- **ASSIGNMENT**:
Please find how many lines of the data contain the string "letters", and respond with that number only.

- **RECORDS SHOWN**:
════════════════════

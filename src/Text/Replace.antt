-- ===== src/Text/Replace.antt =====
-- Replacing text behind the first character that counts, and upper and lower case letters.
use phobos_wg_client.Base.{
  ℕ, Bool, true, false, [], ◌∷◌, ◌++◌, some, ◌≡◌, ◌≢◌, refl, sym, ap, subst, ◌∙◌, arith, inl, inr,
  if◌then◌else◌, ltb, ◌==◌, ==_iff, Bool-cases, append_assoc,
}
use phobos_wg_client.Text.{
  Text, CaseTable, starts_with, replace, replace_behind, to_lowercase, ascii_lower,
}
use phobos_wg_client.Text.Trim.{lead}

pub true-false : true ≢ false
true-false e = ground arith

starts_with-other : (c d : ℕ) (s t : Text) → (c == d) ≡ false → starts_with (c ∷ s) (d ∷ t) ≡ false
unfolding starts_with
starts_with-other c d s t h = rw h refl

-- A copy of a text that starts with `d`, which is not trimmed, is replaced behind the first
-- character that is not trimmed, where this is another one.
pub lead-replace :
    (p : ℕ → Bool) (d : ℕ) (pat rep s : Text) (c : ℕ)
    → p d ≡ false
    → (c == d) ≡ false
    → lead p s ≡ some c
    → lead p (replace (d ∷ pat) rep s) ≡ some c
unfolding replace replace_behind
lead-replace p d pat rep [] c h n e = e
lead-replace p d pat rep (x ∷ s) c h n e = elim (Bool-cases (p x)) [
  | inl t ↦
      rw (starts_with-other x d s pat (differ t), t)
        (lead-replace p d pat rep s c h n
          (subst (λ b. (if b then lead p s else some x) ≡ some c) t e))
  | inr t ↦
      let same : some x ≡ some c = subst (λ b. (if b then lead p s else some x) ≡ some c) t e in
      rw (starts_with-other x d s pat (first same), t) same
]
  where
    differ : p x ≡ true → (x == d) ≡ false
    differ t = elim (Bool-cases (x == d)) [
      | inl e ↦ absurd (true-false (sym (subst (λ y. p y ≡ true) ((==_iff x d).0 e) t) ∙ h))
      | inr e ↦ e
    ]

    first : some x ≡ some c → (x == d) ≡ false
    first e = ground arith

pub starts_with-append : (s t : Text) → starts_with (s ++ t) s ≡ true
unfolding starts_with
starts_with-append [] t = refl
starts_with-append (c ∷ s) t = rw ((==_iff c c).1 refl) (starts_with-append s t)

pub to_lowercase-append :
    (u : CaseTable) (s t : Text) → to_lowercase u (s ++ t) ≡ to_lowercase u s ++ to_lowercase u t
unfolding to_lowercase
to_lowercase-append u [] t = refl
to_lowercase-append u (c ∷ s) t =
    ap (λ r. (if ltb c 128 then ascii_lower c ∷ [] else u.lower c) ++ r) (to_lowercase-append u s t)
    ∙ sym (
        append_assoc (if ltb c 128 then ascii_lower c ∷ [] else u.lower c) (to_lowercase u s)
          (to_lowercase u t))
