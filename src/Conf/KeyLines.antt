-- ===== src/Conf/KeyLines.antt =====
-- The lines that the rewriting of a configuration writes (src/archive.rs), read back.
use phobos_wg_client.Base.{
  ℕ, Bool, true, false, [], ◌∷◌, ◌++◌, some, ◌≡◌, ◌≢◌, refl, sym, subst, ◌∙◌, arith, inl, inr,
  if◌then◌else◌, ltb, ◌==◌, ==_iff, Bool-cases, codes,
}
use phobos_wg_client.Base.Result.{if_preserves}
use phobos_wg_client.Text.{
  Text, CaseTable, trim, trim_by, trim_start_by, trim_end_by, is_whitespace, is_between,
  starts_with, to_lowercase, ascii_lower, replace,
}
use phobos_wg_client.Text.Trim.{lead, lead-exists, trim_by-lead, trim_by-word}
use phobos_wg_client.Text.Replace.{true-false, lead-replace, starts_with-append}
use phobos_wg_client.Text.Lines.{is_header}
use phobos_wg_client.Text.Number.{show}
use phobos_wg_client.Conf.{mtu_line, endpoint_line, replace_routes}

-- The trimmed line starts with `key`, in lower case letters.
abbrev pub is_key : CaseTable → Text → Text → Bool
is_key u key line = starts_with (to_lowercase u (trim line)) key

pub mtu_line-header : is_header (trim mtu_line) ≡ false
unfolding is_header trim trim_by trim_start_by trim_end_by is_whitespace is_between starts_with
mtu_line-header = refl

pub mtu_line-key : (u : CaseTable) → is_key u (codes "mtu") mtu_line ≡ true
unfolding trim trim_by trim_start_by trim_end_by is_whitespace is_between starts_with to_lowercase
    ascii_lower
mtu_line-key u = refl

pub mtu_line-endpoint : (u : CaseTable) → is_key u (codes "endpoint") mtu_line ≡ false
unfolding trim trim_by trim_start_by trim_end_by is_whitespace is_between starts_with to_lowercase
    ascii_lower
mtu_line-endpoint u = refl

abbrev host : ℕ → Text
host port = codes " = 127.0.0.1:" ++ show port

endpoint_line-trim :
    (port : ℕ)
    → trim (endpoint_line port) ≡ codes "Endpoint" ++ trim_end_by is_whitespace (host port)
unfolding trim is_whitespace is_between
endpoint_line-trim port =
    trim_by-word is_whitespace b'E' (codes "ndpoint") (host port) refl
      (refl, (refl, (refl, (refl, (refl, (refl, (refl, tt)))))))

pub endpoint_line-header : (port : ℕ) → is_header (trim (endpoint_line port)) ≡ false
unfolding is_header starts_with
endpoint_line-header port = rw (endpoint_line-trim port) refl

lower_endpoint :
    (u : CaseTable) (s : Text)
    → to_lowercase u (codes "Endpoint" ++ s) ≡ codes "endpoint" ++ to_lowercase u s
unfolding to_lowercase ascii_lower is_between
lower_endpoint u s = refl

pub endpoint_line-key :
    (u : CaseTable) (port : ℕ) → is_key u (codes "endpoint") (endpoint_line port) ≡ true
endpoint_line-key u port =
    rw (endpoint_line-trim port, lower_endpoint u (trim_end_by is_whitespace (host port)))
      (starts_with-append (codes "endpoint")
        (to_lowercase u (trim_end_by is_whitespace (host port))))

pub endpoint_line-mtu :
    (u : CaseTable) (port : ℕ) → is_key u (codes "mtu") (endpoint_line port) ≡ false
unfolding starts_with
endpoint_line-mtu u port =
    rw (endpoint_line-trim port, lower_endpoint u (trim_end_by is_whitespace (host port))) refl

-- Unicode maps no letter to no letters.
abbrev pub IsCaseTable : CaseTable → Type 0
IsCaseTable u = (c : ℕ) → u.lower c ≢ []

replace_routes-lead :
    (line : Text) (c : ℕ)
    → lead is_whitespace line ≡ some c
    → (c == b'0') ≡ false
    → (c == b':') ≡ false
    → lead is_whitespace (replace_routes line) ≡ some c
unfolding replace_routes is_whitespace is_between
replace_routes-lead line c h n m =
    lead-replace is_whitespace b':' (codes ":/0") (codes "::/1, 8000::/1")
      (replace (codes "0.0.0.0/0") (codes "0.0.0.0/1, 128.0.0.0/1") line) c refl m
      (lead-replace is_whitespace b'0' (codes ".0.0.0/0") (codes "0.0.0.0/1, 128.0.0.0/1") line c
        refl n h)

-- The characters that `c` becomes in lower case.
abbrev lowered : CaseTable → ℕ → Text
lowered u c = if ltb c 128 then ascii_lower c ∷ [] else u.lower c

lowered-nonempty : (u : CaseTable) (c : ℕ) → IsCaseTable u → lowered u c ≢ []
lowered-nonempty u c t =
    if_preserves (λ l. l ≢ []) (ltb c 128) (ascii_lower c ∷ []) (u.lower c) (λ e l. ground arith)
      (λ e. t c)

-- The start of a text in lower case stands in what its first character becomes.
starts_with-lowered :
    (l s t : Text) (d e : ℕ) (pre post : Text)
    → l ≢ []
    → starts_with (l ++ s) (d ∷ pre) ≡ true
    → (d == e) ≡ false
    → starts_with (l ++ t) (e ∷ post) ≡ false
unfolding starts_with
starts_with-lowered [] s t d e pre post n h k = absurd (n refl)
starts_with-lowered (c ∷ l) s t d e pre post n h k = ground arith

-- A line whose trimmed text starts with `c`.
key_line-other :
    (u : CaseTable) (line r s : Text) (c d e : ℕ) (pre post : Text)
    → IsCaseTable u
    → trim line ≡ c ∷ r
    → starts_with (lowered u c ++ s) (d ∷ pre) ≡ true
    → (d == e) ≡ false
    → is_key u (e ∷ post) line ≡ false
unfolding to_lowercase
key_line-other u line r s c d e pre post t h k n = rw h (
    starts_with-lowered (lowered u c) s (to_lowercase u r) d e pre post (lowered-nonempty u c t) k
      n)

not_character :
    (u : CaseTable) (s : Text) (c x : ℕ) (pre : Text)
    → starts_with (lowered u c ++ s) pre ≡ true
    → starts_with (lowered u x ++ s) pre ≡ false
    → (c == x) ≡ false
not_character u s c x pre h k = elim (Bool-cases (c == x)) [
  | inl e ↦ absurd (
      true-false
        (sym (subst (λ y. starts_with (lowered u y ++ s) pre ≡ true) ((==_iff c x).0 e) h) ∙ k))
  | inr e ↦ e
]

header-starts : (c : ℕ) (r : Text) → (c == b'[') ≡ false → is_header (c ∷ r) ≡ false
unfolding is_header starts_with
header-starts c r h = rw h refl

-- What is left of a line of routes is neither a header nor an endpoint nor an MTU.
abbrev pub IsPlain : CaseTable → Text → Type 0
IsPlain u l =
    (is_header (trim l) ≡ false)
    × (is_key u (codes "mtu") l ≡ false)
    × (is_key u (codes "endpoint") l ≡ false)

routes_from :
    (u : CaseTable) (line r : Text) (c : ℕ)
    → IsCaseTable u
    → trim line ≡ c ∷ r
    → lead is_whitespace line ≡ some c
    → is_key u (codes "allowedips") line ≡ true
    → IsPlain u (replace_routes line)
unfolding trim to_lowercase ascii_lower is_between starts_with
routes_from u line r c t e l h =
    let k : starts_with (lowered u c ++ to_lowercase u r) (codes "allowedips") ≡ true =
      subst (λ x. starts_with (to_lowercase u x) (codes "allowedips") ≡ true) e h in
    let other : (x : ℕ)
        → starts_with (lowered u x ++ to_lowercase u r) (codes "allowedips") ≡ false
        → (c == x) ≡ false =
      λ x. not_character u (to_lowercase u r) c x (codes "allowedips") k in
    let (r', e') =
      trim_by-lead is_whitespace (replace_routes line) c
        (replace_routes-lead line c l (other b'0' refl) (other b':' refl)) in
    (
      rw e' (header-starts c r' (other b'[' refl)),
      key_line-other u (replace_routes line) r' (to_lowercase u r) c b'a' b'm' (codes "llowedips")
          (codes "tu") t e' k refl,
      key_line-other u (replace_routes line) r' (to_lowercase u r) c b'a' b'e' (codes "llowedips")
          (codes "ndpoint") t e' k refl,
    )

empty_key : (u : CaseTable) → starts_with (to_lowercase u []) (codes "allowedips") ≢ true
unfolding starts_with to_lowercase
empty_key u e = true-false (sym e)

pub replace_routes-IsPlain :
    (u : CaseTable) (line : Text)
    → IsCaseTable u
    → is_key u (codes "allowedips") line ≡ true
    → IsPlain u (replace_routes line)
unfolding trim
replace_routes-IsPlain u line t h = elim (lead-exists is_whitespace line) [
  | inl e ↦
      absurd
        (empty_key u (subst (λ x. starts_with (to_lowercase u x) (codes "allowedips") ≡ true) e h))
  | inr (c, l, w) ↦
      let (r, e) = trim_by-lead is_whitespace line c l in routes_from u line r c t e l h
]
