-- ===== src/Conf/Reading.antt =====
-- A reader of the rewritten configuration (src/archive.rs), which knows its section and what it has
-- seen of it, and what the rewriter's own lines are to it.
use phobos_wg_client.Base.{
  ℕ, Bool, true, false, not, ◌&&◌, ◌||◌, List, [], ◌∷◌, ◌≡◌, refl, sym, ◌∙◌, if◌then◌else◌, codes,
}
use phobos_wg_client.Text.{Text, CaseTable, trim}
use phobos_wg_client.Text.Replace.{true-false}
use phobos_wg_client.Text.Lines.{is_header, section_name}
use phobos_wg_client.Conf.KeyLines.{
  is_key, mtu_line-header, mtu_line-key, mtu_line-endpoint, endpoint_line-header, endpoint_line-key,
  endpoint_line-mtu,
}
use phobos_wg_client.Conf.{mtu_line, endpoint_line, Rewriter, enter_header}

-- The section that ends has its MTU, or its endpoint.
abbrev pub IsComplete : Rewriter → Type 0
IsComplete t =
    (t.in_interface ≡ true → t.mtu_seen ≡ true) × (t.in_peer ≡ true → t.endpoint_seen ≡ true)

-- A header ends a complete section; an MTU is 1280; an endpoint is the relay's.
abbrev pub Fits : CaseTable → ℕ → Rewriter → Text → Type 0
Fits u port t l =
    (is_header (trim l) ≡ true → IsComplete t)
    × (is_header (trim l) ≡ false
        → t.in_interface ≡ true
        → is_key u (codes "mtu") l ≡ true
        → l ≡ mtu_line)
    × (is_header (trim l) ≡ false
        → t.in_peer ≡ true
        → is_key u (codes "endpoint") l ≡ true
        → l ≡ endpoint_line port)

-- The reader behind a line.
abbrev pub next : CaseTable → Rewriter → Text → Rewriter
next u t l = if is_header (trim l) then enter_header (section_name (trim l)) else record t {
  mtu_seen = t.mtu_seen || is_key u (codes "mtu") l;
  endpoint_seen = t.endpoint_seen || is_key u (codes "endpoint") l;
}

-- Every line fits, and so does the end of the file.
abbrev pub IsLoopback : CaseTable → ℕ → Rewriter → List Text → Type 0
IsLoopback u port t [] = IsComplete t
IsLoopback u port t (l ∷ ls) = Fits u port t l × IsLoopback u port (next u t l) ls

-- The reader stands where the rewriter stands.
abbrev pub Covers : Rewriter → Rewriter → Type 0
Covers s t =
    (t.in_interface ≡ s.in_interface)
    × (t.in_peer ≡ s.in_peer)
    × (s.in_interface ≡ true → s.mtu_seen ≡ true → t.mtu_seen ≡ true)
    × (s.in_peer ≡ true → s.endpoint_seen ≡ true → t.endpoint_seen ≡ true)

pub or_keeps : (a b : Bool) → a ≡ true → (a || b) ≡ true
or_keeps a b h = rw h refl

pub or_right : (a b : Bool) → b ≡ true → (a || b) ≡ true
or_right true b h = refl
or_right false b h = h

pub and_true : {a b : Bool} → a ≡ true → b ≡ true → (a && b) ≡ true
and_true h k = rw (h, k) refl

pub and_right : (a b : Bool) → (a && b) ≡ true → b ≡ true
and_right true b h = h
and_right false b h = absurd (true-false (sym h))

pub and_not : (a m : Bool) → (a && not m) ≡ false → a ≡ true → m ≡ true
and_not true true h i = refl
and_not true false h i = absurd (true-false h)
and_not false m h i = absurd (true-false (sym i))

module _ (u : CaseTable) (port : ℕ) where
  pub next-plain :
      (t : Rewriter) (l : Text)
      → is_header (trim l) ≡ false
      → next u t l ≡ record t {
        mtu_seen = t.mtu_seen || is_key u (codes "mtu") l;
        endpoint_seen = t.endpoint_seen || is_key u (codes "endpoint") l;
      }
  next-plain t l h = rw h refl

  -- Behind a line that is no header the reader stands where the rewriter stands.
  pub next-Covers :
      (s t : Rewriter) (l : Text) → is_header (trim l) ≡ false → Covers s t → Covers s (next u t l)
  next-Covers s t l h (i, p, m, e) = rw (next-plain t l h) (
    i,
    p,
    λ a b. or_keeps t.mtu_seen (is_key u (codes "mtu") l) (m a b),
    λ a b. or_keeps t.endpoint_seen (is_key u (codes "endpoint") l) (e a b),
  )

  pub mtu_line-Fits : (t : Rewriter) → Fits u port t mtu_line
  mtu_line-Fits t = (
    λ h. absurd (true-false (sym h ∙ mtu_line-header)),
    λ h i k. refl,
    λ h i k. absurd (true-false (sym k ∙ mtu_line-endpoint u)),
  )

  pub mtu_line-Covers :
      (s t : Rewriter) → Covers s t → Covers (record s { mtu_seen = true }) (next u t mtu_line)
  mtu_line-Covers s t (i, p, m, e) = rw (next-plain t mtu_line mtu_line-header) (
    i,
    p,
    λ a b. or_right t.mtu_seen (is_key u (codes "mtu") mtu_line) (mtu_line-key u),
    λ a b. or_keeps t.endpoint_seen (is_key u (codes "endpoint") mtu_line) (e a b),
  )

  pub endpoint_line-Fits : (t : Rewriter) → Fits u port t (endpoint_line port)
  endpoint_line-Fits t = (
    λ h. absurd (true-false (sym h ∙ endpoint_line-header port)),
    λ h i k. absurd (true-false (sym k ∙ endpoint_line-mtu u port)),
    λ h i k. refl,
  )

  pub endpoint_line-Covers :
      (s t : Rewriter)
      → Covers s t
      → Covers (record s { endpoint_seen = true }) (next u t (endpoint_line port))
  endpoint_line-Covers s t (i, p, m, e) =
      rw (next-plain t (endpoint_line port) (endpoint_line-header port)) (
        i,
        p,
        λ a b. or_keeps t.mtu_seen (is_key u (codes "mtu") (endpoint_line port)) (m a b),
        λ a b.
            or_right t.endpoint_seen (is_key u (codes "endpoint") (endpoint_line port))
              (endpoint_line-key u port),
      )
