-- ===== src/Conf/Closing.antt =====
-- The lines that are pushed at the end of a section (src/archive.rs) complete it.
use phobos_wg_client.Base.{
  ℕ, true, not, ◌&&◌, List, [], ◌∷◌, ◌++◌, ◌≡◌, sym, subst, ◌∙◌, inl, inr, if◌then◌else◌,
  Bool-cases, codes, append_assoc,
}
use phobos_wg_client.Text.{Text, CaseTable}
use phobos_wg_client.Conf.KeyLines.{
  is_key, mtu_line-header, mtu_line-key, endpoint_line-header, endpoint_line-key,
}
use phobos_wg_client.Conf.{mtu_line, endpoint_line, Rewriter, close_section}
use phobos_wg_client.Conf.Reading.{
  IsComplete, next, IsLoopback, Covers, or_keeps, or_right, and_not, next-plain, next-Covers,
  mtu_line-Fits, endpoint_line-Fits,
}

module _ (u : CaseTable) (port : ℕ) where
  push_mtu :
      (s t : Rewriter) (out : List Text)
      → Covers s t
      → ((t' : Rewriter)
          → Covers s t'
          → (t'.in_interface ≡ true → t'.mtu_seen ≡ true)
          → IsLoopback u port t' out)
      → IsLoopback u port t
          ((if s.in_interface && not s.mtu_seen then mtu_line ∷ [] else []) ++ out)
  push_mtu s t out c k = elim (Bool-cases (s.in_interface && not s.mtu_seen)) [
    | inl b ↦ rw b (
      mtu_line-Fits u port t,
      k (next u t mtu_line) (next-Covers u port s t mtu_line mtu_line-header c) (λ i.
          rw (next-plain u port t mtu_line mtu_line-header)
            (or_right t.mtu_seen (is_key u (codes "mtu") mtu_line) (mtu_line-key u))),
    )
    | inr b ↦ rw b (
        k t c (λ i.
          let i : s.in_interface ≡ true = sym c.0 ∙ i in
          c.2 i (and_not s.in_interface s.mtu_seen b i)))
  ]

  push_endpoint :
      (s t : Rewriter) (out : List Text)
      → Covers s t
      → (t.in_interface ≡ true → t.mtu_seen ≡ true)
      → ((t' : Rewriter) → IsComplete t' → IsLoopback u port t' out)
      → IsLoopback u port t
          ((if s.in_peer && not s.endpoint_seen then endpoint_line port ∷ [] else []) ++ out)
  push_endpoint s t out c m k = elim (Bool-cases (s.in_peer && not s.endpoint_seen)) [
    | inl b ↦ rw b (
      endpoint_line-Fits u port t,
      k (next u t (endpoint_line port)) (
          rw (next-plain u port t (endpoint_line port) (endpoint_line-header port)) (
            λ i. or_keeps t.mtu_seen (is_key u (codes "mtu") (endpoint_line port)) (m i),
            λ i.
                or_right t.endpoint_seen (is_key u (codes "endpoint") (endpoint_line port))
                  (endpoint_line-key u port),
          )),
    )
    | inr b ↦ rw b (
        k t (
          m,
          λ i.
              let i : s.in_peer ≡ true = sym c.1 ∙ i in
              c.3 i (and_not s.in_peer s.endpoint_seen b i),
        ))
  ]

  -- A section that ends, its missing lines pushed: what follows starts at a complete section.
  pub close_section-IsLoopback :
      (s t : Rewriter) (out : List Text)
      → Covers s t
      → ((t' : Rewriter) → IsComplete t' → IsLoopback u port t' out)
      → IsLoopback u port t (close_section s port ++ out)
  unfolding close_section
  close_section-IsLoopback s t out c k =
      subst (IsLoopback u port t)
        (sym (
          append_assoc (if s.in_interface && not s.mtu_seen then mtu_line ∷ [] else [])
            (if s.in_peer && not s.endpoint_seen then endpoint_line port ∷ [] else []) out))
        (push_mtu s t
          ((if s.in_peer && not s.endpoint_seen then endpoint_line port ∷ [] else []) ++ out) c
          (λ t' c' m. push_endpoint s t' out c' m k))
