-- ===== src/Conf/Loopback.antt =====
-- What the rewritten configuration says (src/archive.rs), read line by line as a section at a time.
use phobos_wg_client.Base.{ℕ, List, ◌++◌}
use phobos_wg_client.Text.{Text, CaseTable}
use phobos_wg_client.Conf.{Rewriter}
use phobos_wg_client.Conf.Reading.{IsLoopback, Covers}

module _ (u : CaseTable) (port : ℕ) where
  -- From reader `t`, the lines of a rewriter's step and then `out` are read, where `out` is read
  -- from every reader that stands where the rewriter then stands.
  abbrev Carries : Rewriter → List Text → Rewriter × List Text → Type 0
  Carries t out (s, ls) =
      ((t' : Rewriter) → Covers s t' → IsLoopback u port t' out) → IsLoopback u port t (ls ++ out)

════════════════════

- **EXERCISE ANSWER**:
3